- Genre: Comedy horror
- Created by: Joel Kohn
- Written by: Tegan Higginbotham; Paul F. Verhoeven;
- Directed by: Sian Davies; Joel Kohn;
- Country of origin: Australia
- Original language: English

Production
- Executive producer: Matthias Hoene
- Producers: Joel Kohn; John Molloy; Richard Kelly;
- Production company: Total Fiction

Original release
- Network: Stan

= Gnomes (TV series) =

Gnomes is an upcoming comedy horror series for Stan scheduled to premiere on 8 October 2026. Produced by Total Fiction, the series follows Sergeant Kipps who is having the worst day of his life when he has to shut down the local police station, when the angry Gnome Queen is awakened by dark forces Kipps and Mackay must reunite to save Nompton.

== Plot ==

As Senior Sergeant Arnold Kipps police station is about to be shut down by his former girlfriend and work partner, Ellie McKay, a bloodthirsty Gnome Queen awakens an ancient evil, unleashing an army of murderous lawn gnomes across the suburb of Nompton. As the town descends into chaos, Arnold and Ellie must rally with a ragtag crew of cops, teens and an overly ambitious mayor, using unconventional weapons and sheer desperation to stop the Gnome Queen before her killer lawn ornaments tear the town apart.

== Cast ==

- Asa Butterfield as Senior Sergeant Arnold Kipps
- Megan Smart as Ellie Mackay
- Brett Tucker
- Tess Haubrich as Gnome Queen
- Ditch Davey as Brett Sanders
- Nina Oyama
- Luke McGregor
- Darren Gilshenan as Mayor Lachlan Morrison
- Alison Whyte
- Matt Okine
- Richard Pyros
- Tegan Higgenbotham

== Production ==
On 18 February 2025 the series was announced by Stan with funding secured from Screen Australia and VicScreen, the series was created by Joel Kohn and produced by John Molloy and Richard Kelly and would be co produced with Happy Accidents and Total Fiction.
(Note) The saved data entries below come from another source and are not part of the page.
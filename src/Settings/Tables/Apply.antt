-- ===== src/Settings/Tables/Apply.antt =====
-- src/core/settings/read.c: one assignment of a variable from its key, and a run of them.
use g0wm.Common.{Option, none, some, List, [], ◌∷◌, Bytes}
use g0wm.Settings.Types.{Block, Numbers, Enum, Store, assign}
use g0wm.Settings.Combo.{mods_value}
use g0wm.Settings.Getters.{get_uint, get_number, get_bool, get_string, get_hex, get_enum}

-- What is made of a number: `(float)`, `(int)`, `fmin` and `fmax` with the bounds that are used.
pub data Conversion : Type 0 where
  exact narrowed truncated at_most_one at_least_one zero_to_one : Conversion

-- The getter that a variable is set with; a table of names by its name in the source.
pub data Kind : Type 0 where
  uint flag string color mods : Kind
  number : Conversion → Kind
  enum : Bytes → Kind

-- `variable = getter(block, key, variable)`
pub data Line : Type 0 where
  line : Bytes → Bytes → Kind → Line

abbrev pub convert : {D : Type 0} → Numbers D → Conversion → D → D
convert d exact v = v
convert d narrowed v = d.narrow v
convert d truncated v = d.trunc v
convert d at_most_one v = d.narrow (d.at_most_one v)
convert d at_least_one v = d.narrow (d.at_least_one v)
convert d zero_to_one v = d.narrow (d.at_most_one (d.at_least_zero v))

module _ {D : Type 0} (d : Numbers D) (tables : Bytes → List Enum) (modifiers : List Enum) where
  unfoldable pub apply_line : Line → Block → Store D → Store D
  apply_line (line key var uint) block s = record s {
    uints = assign var (get_uint d block key (s.uints var)) s.uints;
  }
  apply_line (line key var flag) block s = record s {
    flags = assign var (get_bool block key (s.flags var)) s.flags;
  }
  apply_line (line key var string) block s = record s {
    strings = assign var (get_string block key (s.strings var)) s.strings;
  }
  apply_line (line key var color) block s = record s {
    colors = assign var (get_hex d block key (s.colors var)) s.colors;
  }
  apply_line (line key var mods) block s = record s {
    uints = assign var (mods_value modifiers (get_string block key none) (s.uints var)) s.uints;
  }
  apply_line (line key var (number conversion)) block s = record s {
    numbers = assign var (convert d conversion (get_number d block key (s.numbers var))) s.numbers;
  }
  apply_line (line key var (enum table)) block s = record s {
    enums = assign var (get_enum block key (tables table) (s.enums var)) s.enums;
  }

  unfoldable pub apply_lines : List Line → Block → Store D → Store D
  apply_lines [] block s = s
  apply_lines (l ∷ lines) block s = apply_lines lines block (apply_line l block s)

  -- A run of assignments from a section of the block, if it is there.
  unfoldable pub apply_within : List Line → Option Block → Store D → Store D
  apply_within lines none s = s
  apply_within lines (some section) s = apply_lines lines section s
The series was one of 14 commissions that were announced by Stan for their tenth year.

On 4 June 2025, the series officially entered production in Melbourne with Asa Butterfield and Megan Smart as series leads. The series filmed on location across Melbourne including the towns of Warburton and Werribee.

On 3 June 2026, it was announced that Disney+ had secured a distribution deal for the series to air in the UK and Ireland.